**Exercise goal:**
Reply only with how many lines in these entries hold the string "booting".

(Dataset entries)
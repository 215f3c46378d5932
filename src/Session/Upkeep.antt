-- ===== src/Session/Upkeep.antt =====
-- internal/session: the states of the session against its slot, its writer and its stall report.
use tatara_claude_code_wrapp.Common.{
  ℕ, ◌≡◌, ◌≢◌, ◌⊎◌, Bool, true, false, Option, none, some, String, Time, arith, is_empty, eq_iff,
  Bool-cases, Option-cases, inl, inr, ◌+++◌,
}
use tatara_claude_code_wrapp.Session.State.{
  Manager, Config, HookResult, booting, ready, busy, dead, new,
}
use tatara_claude_code_wrapp.Session.Submit.{
  admit, install_timer, ensure_tailer_following, discovered,
}
use tatara_claude_code_wrapp.Session.Slot.{fail_turn, fail_submit_write}
use tatara_claude_code_wrapp.Session.Hook.{complete, finish, take_report, reject}
use tatara_claude_code_wrapp.Session.Activity.{
  start_tailer, on_tailer_activity, mark_stall_suspected, on_subagent_activity,
}
use tatara_claude_code_wrapp.Session.Control.{
  Reads, read_or, register_probe, discard_probe, complete_after_interrupt, shutdown,
  record_probe_outcome,
}
use tatara_claude_code_wrapp.Session.Resume.{install_resume_timer, complete_from}
use tatara_claude_code_wrapp.Session.Recover.{start, boot_settled, exited}
use tatara_claude_code_wrapp.Session.Step.{
  Section, perform, take_slot, adopt_or_stay, IsAllowed, Reach, here, next,
}
use tatara_claude_code_wrapp.Session.Ledger.{IsBalanced, start_of, reached-IsLedger}
use tatara_claude_code_wrapp.Turn.Records.{running}
use tatara_claude_code_wrapp.Turn.Laws.{status}
use tatara_claude_code_wrapp.Turn.Frame.{error-complete, error-fail, error-interrupt}

abbrev pub has_writer : Option ℕ → Bool
has_writer none = false
has_writer (some p) = true

-- A busy session has a turn in its slot; a session that is up, or holds a turn, has a process to
-- write to, and its `proc` is that process.
pub record IsKept (m : Manager) : Type 0 where
  pub busy_held : m.state ≡ busy → m.current ≢ ""
  pub up_writes : (m.state ≡ ready) ⊎ (m.state ≡ busy) → has_writer m.w ≡ true
  pub held_writes : m.current ≢ "" → has_writer m.w ≡ true
  pub same_proc : m.proc ≡ m.w

finish-IsKept :
    (r : HookResult) (now : Time) (m : Manager)
    → m.current ≢ ""
    → IsKept m
    → IsKept (finish r now m).0
unfolding finish
finish-IsKept r now m held k = ground arith

take_report-IsKept : (r : HookResult) (m : Manager) → IsKept m → IsKept (take_report r m)
unfolding take_report
take_report-IsKept r m k = ground arith

current-take_report : (r : HookResult) (m : Manager) → (take_report r m).current ≡ m.current
unfolding take_report
current-take_report r m = ground arith

complete-IsKept :
    (r : HookResult) (now : Time) (m : Manager) → IsKept m → IsKept (complete r now m).0
unfolding complete
complete-IsKept r now m k = elim (Bool-cases (is_empty m.current)) [
  | inl idle ↦ rw (idle, complete) (ground arith)
  | inr held ↦ elim (Option-cases (reject r m)) [
    | inr (e, refused) ↦ rw (held, complete) (rw (refused, complete) (ground arith))
    | inl taken ↦
        rw (held, complete)
          (rw (taken, complete)
            (finish-IsKept r now (take_report r m)
              (ground (arith, held, eq_iff m.current "", current-take_report r m))
              (take_report-IsKept r m k)))
  ]
]

module _ (m : Manager) (b : IsBalanced m) (k : IsKept m) where
  fail_submit_write-IsKept :
      (id stage werr : String) (now : Time) → IsKept (fail_submit_write id stage werr now m)
  unfolding fail_submit_write
  fail_submit_write-IsKept id stage werr now =
      ground
        (arith, eq_iff m.current id, b.unnamed, error-fail id m.store (stage +++ ": " +++ werr) now)

  complete_from-IsKept :
      (reads : Reads) (id path text usage stop : String) (now : Time)
      → IsKept (complete_from reads id path text usage stop now m)
  unfolding complete_from
  complete_from-IsKept reads id path text usage stop now =
      ground
        (arith, eq_iff m.current id, b.unnamed, error-complete id m.store text "" usage stop now)

  complete_after_interrupt-IsKept :
      (reads : Reads) (id path : String) (now : Time)
      → IsKept (complete_after_interrupt reads id path now m)
  unfolding complete_after_interrupt
  complete_after_interrupt-IsKept reads id path now =
      let answer = read_or ("", "", "") (reads.last_assistant path) in
      ground
        (arith, eq_iff m.current id, b.unnamed, error-interrupt id m.store answer.0 answer.1 now)

perform-IsKept :
    (s : Section) (m : Manager) → IsAllowed s m → IsBalanced m → IsKept m → IsKept (perform s m)
unfolding perform start_tailer admit take_slot install_timer ensure_tailer_following discovered
    on_tailer_activity on_subagent_activity mark_stall_suspected start exited adopt_or_stay
    boot_settled fail_turn install_resume_timer register_probe discard_probe shutdown
    record_probe_outcome
perform-IsKept (Section.admits handoff now) m a b k = ground arith
perform-IsKept (Section.takes_slot id text u now) m a b k = ground (arith, eq_iff m.current "")
perform-IsKept (Section.fails_write id stage werr now) m a b k =
    fail_submit_write-IsKept m b k id stage werr now
perform-IsKept (Section.hook r now) m a b k = complete-IsKept r now m k
perform-IsKept (Section.starts p) m a b k = ground arith
perform-IsKept (Section.resumes id mode now) m a b k = ground (arith, eq_iff m.current id)
perform-IsKept (Section.completes_from reads id path text usage stop now) m a b k =
    complete_from-IsKept m b k reads id path text usage stop now
perform-IsKept (Section.resolves_interrupt reads id path now) m a b k =
    complete_after_interrupt-IsKept m b k reads id path now
perform-IsKept (Section.shuts_down error) m a b k = ground arith
perform-IsKept (Section.fails id reason now) m a b k = ground arith
perform-IsKept _ m a b k = ground arith

new-IsKept : (cfg : Config) (t : Time) → IsKept (start_of cfg t)
unfolding new
new-IsKept cfg t = ground arith

pub reached-IsKept : (cfg : Config) (t : Time) {m : Manager} → Reach (start_of cfg t) m → IsKept m
reached-IsKept cfg t here = new-IsKept cfg t
reached-IsKept cfg t (next {n} r s a) =
    perform-IsKept s n a (reached-IsLedger cfg t r).balanced (reached-IsKept cfg t r)

-- At every moment of every interleaving: a busy session holds a turn that the store has as running,
-- and a session that is ready or busy has a process to write to.
pub busy_session_runs :
    (cfg : Config) (t : Time) (m : Manager)
    → Reach (start_of cfg t) m
    → ((m.state ≡ busy)
        × (m.current ≢ "")
        × (status m.current m.store ≡ some running)
        × (has_writer m.w ≡ true))
      ⊎ ((m.state ≡ ready) × (has_writer m.w ≡ true))
      ⊎ (m.state ≡ booting)
      ⊎ (m.state ≡ dead)
busy_session_runs cfg t m r =
    let l = reached-IsLedger cfg t r in
    let k = reached-IsKept cfg t r in ground (arith, l.balanced.slot, k.busy_held, k.up_writes)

**Written reply:**
2